The Sting.—This weapon of offence and defence is usually the last in the equipment of the bee to be used, for its discharge generally means loss of life to its owner. To the enemy against whom it is launched, it becomes a source of irritation and annoyance and sometimes of danger. The sting is a fine lance, with incisions down one side which act as barbs when the flesh is pierced by it, sinking the lance deeper at each convulsion of the stinger or the stung. So soon as a barb is fixed it is impossible for the bee to withdraw the sting, and in its struggle to be free the whole of the stinging organs—including the poison sac—are dragged from it, and the poison enters the wound. For this reason it is necessary that the sting should be extracted as soon as possible, for the longer it remains in the flesh the greater will be the irritation. Should the sting be inflicted near a hive it will be wise to remove oneself from the neighbourhood without loss of time, for it is a well-known fact that the scent of the sting attracts other bees and arouses their anger against the presumed enemy of their kind.
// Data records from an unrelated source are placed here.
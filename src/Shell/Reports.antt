-- ===== src/Shell/Reports.antt =====
-- The commands of computekernel_edu/shell.py that only show something.
pub mod Same
use compute_kernel_python.Prelude.{
  ℕ, zero, suc, ◌-◌, String, Bool, true, false, Option, none, some, List, [], ◌∷◌, ◌++◌, map, any,
  ℤ, pos, negsuc, length, not, ◌&&◌, if◌then◌else◌,
}
use compute_kernel_python.Prelude.Eq.{◌==◌, nat_eq, string_eq}
use compute_kernel_python.Prelude.Dict.{Dict, get, values, has_key}
use compute_kernel_python.Paths.{◌<>◌, is_empty}
use compute_kernel_python.Text.{strip, lower, join, or_text}
use compute_kernel_python.Text.Numbers.{ten, sixteen, int_of, show, show_ℤ, digits}
use compute_kernel_python.Utils.{yellow, bold, hex_addr, size_fmt}
use compute_kernel_python.Memory.Pmm
use compute_kernel_python.Memory.Kmalloc
use compute_kernel_python.Memory.Space
use compute_kernel_python.Memory.Space.{VirtualMemoryArea, AddressSpace}
use compute_kernel_python.Process.{Process, TaskState}
use compute_kernel_python.Thread.{Thread}
use compute_kernel_python.Scheduler.{Scheduler}
use compute_kernel_python.Devices.{DeviceClass, Device, Driver}
use compute_kernel_python.Modules.{KernelModule, ModuleLoader, list_loaded, list_available}
use compute_kernel_python.Profiles.{KernelProfile, active}
use compute_kernel_python.Ext2
use compute_kernel_python.Ext2.{Ext2}
use compute_kernel_python.Logger.{LogLevel, debug, info, warn, error, panic}
use compute_kernel_python.Boot.Stages.{Machine}
use compute_kernel_python.KernelState.{Subsystems, KernelState}
use compute_kernel_python.Shell.Replies.{
  Printed, text, grid, log_from, description_of, cpu_info, Session, Reply, says, says_text,
  on_parts, machine_of,
}
use compute_kernel_python.Shell.Actions.{thread_line}

abbrev pub show_bool : Bool → String
show_bool true = "True"
show_bool false = "False"

abbrev pub pairs : List (String × String) → List (List String)
pairs [] = []
pairs ((k, v) ∷ rows) = (k ∷ v ∷ []) ∷ pairs rows

unfoldable pub status_rows : KernelState → Subsystems → List (List String)
status_rows k parts =
    let m = machine_of parts in
    pairs (
      ("booted", show_bool k.booted)
      ∷ ("profile", k.profile.name)
      ∷ ("safe_mode", show_bool (active parts.safe_mode))
      ∷ ("processes", show (length (values m.processes.table)))
      ∷ ("threads", show (length (values m.threads.threads)))
      ∷ ("free_pages", show (Pmm.free_pages m.vmm.pmm))
      ∷ ("total_pages", show m.vmm.pmm.total_pages)
      ∷ ("scheduler_ticks", show m.scheduler.tick_count)
      ∷ ("modules_loaded", show (length (list_loaded parts.module_loader)))
      ∷ [])

unfoldable pub do_status : String → Session → Reply
do_status arg s =
    on_parts "Kernel not initialized. Run 'boot' first."
      (λ parts. says (grid ("Key" ∷ "Value" ∷ []) (status_rows s.kernel parts) ∷ []) s) s

abbrev state_name : TaskState → String
state_name TaskState.new = "NEW"
state_name TaskState.runnable = "RUNNABLE"
state_name TaskState.running = "RUNNING"
state_name TaskState.sleep_int = "SLEEP_INT"
state_name TaskState.sleep_unint = "SLEEP_UNINT"
state_name TaskState.zombie = "ZOMBIE"
state_name TaskState.dead = "DEAD"

-- A table of what there is, or a line that says that there is nothing.
abbrev pub listing {ℓ} :
    {A : Type ℓ} → String → List String → (A → List String) → List A → Session → Reply
listing nothing headers row [] s = says_text nothing s
listing nothing headers row (a ∷ rest) s = says (grid headers (map row (a ∷ rest)) ∷ []) s

abbrev process_row : Process → List String
process_row p =
    show p.pid ∷ show p.ppid ∷ p.name ∷ state_name p.state ∷ show p.creds.uid ∷ p.cmdline ∷ []

unfoldable pub do_ps : String → Session → Reply
do_ps arg s =
    on_parts "Process table not initialized."
      (λ parts.
        listing "No processes." ("PID" ∷ "PPID" ∷ "NAME" ∷ "STATE" ∷ "UID" ∷ "CMDLINE" ∷ [])
          process_row (values (machine_of parts).processes.table) s)
      s

abbrev thread_row : Thread → List String
thread_row t =
    show t.tid
    ∷ show t.pid
    ∷ t.name
    ∷ state_name t.state
    ∷ (if t.is_kernel_thread then "K" else "U")
    ∷ show t.remaining_ticks
    ∷ []

unfoldable pub do_threads : String → Session → Reply
do_threads arg s =
    on_parts "Thread table not initialized."
      (λ parts.
        let m = machine_of parts in
        listing "No threads." ("TID" ∷ "PID" ∷ "NAME" ∷ "STATE" ∷ "TYPE" ∷ "TICKS" ∷ [])
          (λ r. thread_row (m.scheduler.objects r)) (values m.threads.threads) s)
      s

abbrev queued_text : Thread → String
queued_text t =
    t.name <> ("(tid=" <> (show t.tid <> (", ticks_left=" <> (show t.remaining_ticks <> ")"))))

abbrev blocked_text : Thread → String
blocked_text t = t.name <> ("(tid=" <> (show t.tid <> (", reason=" <> (t.wait_reason <> ")"))))

abbrev line_unless_empty : String → List String → List Printed
line_unless_empty label [] = []
line_unless_empty label (w ∷ ws) = text (label <> join ", " (w ∷ ws)) ∷ []

abbrev sched_lines : Scheduler → List Printed
sched_lines x =
    text ("  Tick count:       " <> show x.tick_count)
    ∷ text ("  Context switches: " <> show x.context_switches)
    ∷ text ("  Current thread:   " <> thread_line x)
    ∷ text ("  Runqueue length:  " <> show (length x.runqueue))
    ∷ (line_unless_empty "  Runqueue:         " (map (λ r. queued_text (x.objects r)) x.runqueue)
        ++ line_unless_empty "  Blocked:          "
            (map (λ r. blocked_text (x.objects r)) x.blocked))

unfoldable pub do_sched : String → Session → Reply
do_sched arg s =
    on_parts "Scheduler not initialized."
      (λ parts. says (sched_lines (machine_of parts).scheduler) s) s

abbrev mem_lines : Machine → List Printed
mem_lines m =
    let st = Pmm.stats m.vmm.pmm in
    let u = Kmalloc.usage m.kmalloc in
    text (bold "Physical Memory:")
    ∷ text ("  Total pages:   " <> show st.total)
    ∷ text ("  Free pages:    " <> show st.free)
    ∷ text ("  Used pages:    " <> show st.used)
    ∷ text ("  Total:         " <> size_fmt st.total_bytes)
    ∷ text ("  Free:          " <> size_fmt st.free_bytes)
    ∷ text (bold "Kernel Allocator (kmalloc):")
    ∷ text ("  Allocations:   " <> show u.allocations)
    ∷ text ("  Bytes:         " <> size_fmt u.bytes_allocated)
    ∷ text ("  Next addr:     0x" <> digits sixteen u.next_addr)
    ∷ []

unfoldable pub do_mem : String → Session → Reply
do_mem arg s =
    on_parts "Memory manager not initialized." (λ parts. says (mem_lines (machine_of parts)) s) s

abbrev area_row : VirtualMemoryArea → List String
area_row a =
    hex_addr (pos a.start) ∷ hex_addr (pos a.end) ∷ a.flags ∷ size_fmt (Space.size a) ∷ a.name ∷ []

abbrev areas_shown : List VirtualMemoryArea → Printed
areas_shown [] = text "  (empty)"
areas_shown (a ∷ rest) =
    grid ("START" ∷ "END" ∷ "FLAGS" ∷ "SIZE" ∷ "NAME" ∷ []) (map area_row (a ∷ rest))

abbrev space_lines : ℤ → Option AddressSpace → List Printed
space_lines pid none = text ("No address space for pid=" <> show_ℤ pid) ∷ []
space_lines pid (some space) =
    text (bold ("\nPID " <> (show_ℤ pid <> " address space:"))) ∷ areas_shown space.areas ∷ []

abbrev space_at : ℤ → Dict ℕ AddressSpace → Option AddressSpace
space_at (pos pid) d = get pid d
space_at (negsuc n) d = none

all_spaces : List ℕ → Dict ℕ AddressSpace → List Printed
all_spaces [] d = []
all_spaces (pid ∷ pids) d = space_lines (pos pid) (get pid d) ++ all_spaces pids d

abbrev numbers {ℓ} : {V : Type ℓ} → Dict ℕ V → List ℕ
numbers [] = []
numbers ((k, v) ∷ d) = k ∷ numbers d

vmm_for : String → Dict ℕ AddressSpace → Session → Reply
unfolding all_spaces
vmm_for String.[] d s = says (all_spaces (numbers d) d) s
vmm_for (String.◌∷◌ c t) d s = elim (int_of ten (String.◌∷◌ c t)) [
  | none ↦ says_text "Usage: vmm [pid]" s
  | some pid ↦ says (space_lines pid (space_at pid d)) s
]

unfoldable pub do_vmm : String → Session → Reply
unfolding vmm_for
do_vmm arg s =
    on_parts "VMM not initialized."
      (λ parts. vmm_for (strip arg) (machine_of parts).vmm.address_spaces s) s
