-- ===== src/Shell/Settings.antt =====
-- The commands of computekernel_edu/shell.py that show devices, drivers, modules, the log and settings.
pub mod Same
use compute_kernel_python.Prelude.{
  ℕ, String, Bool, true, false, Option, none, some, List, [], ◌∷◌, ◌++◌, map, any, length, not,
  ◌&&◌, ℤ, pos, negsuc, if◌then◌else◌,
}
use compute_kernel_python.Prelude.Eq.{◌==◌, string_eq}
use compute_kernel_python.Prelude.Dict.{Dict, get, values, has_key}
use compute_kernel_python.Paths.{◌<>◌, is_empty}
use compute_kernel_python.Text.{strip, lower, join, or_text}
use compute_kernel_python.Text.Numbers.{sixteen, show, show_ℤ, digits}
use compute_kernel_python.Utils.{yellow, bold}
use compute_kernel_python.Devices.{DeviceClass, Device, Driver}
use compute_kernel_python.Modules.{KernelModule, ModuleLoader, list_loaded, list_available}
use compute_kernel_python.Profiles.{KernelProfile, active}
use compute_kernel_python.Ext2
use compute_kernel_python.Ext2.{Ext2}
use compute_kernel_python.Logger.{LogLevel, debug, info, warn, error, panic}
use compute_kernel_python.KernelState.{Subsystems, KernelState}
use compute_kernel_python.Shell.Replies.{
  Printed, text, grid, log_from, description_of, cpu_info, Session, Reply, says, says_text,
  on_parts, machine_of,
}
use compute_kernel_python.Shell.Reports.{show_bool, pairs, listing}

abbrev level_map : Dict String LogLevel
level_map =
    ("debug", debug) ∷ ("info", info) ∷ ("warn", warn) ∷ ("error", error) ∷ ("panic", panic) ∷ []

abbrev or_lowest : Option LogLevel → LogLevel
or_lowest none = debug
or_lowest (some level) = level

unfoldable pub do_dmesg : String → Session → Reply
do_dmesg arg s = says (log_from (or_lowest (get (lower (strip arg)) level_map)) ∷ []) s

abbrev class_name : DeviceClass → String
class_name DeviceClass.char = "CHAR"
class_name DeviceClass.block = "BLOCK"
class_name DeviceClass.network = "NETWORK"
class_name DeviceClass.bus = "BUS"
class_name DeviceClass.platform = "PLATFORM"
class_name DeviceClass.virtual = "VIRTUAL"
class_name DeviceClass.input = "INPUT"
class_name DeviceClass.timer = "TIMER"

abbrev device_row : Device → List String
device_row d =
    d.name
    ∷ class_name d.device_class
    ∷ show d.major
    ∷ show d.minor
    ∷ or_text d.bound_driver "(none)"
    ∷ d.description
    ∷ []

unfoldable pub do_lsdev : String → Session → Reply
do_lsdev arg s =
    on_parts "Device registry not initialized."
      (λ parts.
        listing "No devices." ("NAME" ∷ "CLASS" ∷ "MAJOR" ∷ "MINOR" ∷ "DRIVER" ∷ "DESCRIPTION" ∷ [])
          device_row (values (machine_of parts).registries.devices) s)
      s

abbrev driver_row : Driver → List String
driver_row d =
    d.name
    ∷ (if d.is_loaded then "loaded" else "unloaded")
    ∷ or_text (join ", " d.bound_devices) "(none)"
    ∷ d.description
    ∷ []

unfoldable pub do_lsdrv : String → Session → Reply
do_lsdrv arg s =
    on_parts "Driver registry not initialized."
      (λ parts.
        listing "No drivers." ("NAME" ∷ "STATE" ∷ "BOUND DEVICES" ∷ "DESCRIPTION" ∷ []) driver_row
          (values (machine_of parts).registries.drivers) s)
      s

abbrev module_row : KernelModule → List String
module_row m =
    m.name
    ∷ m.version
    ∷ (if m.is_loaded then "LOADED" else "available")
    ∷ or_text (join ", " m.dependencies) "(none)"
    ∷ m.description
    ∷ []

abbrev module_lines : ModuleLoader → List Printed
module_lines x =
    text (
      "Loaded modules ("
      <> (show (length (list_loaded x))
          <> (" / " <> (show (length (list_available x)) <> " available):"))))
    ∷ grid ("NAME" ∷ "VERSION" ∷ "STATE" ∷ "DEPS" ∷ "DESCRIPTION" ∷ [])
        (map module_row (list_available x))
    ∷ []

unfoldable pub do_lsmod : String → Session → Reply
do_lsmod arg s =
    on_parts "Module loader not initialized." (λ parts. says (module_lines parts.module_loader) s) s

-- The description of the profile, the last row of the table, is not spelled out.
unfoldable pub do_safemode : String → Session → Reply
do_safemode arg s =
    on_parts "Safe mode not initialized."
      (λ parts.
        let p = parts.safe_mode in
        let rows = pairs (
          ("active", show_bool (active p))
          ∷ ("profile", p.name)
          ∷ ("modules_enabled", show_bool p.modules_enabled)
          ∷ ("non_essential_drivers", show_bool p.non_essential_drivers)
          ∷ []) in
        says (grid ("Setting" ∷ "Value" ∷ []) rows ∷ description_of p.name ∷ []) s)
      s

unfoldable pub do_arch : String → Session → Reply
do_arch arg s = on_parts "Arch layer not initialized." (λ parts. says (cpu_info ∷ []) s) s

unfoldable pub superblock_rows : Ext2 → List (List String)
superblock_rows x =
    let b = x.superblock in
    pairs (
      ("magic", "0x" <> digits sixteen b.magic)
      ∷ ("volume_name", b.volume_name)
      ∷ ("block_size", show b.block_size)
      ∷ ("total_inodes", show b.total_inodes)
      ∷ ("free_inodes", show_ℤ b.free_inodes)
      ∷ ("total_blocks", show b.total_blocks)
      ∷ ("free_blocks", show b.free_blocks)
      ∷ ("block_groups", show (length x.block_groups))
      ∷ [])

abbrev ext2_note : Option Subsystems → List Printed
ext2_note none = []
ext2_note (some parts) =
    if any (λ m. m.name == "ext2" && m.is_loaded) (list_loaded parts.module_loader)
    then []
    else (text (yellow "ext2 module not loaded. Run 'insmod ext2' first.")
        ∷ text "Showing ext2 concept anyway (educational simulator):"
        ∷ [])

unfoldable pub do_ext2 : String → Session → Reply
do_ext2 arg s =
    says
      (ext2_note s.kernel.subsystems
        ++ text (bold "Ext2 Superblock Info (simulated volume):")
          ∷ grid ("Field" ∷ "Value" ∷ []) (superblock_rows (Ext2.init "edu-vol"))
          ∷ [])
      s

abbrev profile_lines : KernelProfile → List Printed
profile_lines p =
    text ("Current profile: " <> bold p.name)
    ∷ description_of p.name
    ∷ grid ("Setting" ∷ "Value" ∷ []) (
        pairs (
          ("serial_log", show_bool p.serial_log)
          ∷ ("modules_enabled", show_bool p.modules_enabled)
          ∷ ("non_essential_drivers", show_bool p.non_essential_drivers)
          ∷ ("debug_symbols", show_bool p.debug_symbols)
          ∷ ("kmalloc_debug", show_bool p.kmalloc_debug)
          ∷ ("scheduler_debug", show_bool p.scheduler_debug)
          ∷ ("aslr", show_bool p.aslr)
          ∷ ("nx_enforcement", show_bool p.nx_enforcement)
          ∷ ("smep", show_bool p.smep)
          ∷ ("smap", show_bool p.smap)
          ∷ []))
    ∷ []

abbrev names_of : Dict String KernelProfile → List String
names_of [] = []
names_of ((k, p) ∷ d) = k ∷ names_of d

profile_note : String → Session → Reply
profile_note String.[] s = says (profile_lines s.kernel.profile) s
profile_note (String.◌∷◌ c t) s =
    let name = String.◌∷◌ c t in
    if has_key name s.profiles
    then says
        (text (yellow "Note: profile change takes effect on next boot.")
          ∷ text ("Use: reboot " <> name)
          ∷ [])
        s
    else says_text
        ("Unknown profile '" <> (name <> ("'. Available: " <> join ", " (names_of s.profiles)))) s

unfoldable pub do_profile : String → Session → Reply
unfolding profile_note
do_profile arg s = profile_note (strip arg) s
The best remedy for a sting from a bee is methylated spirit, applied immediately the sting has been extracted—though it is well to remember that bees have an abhorrence of spirit, so that all trace of it should be removed before venturing near a hive, or further stings may be induced. There are many popular remedies for stings, such as the application of ammonia, washing soda, the blue bag, an onion—all of which have the same object—to nullify the effects of the irritant poison, of which formic acid is one of the principal constituents.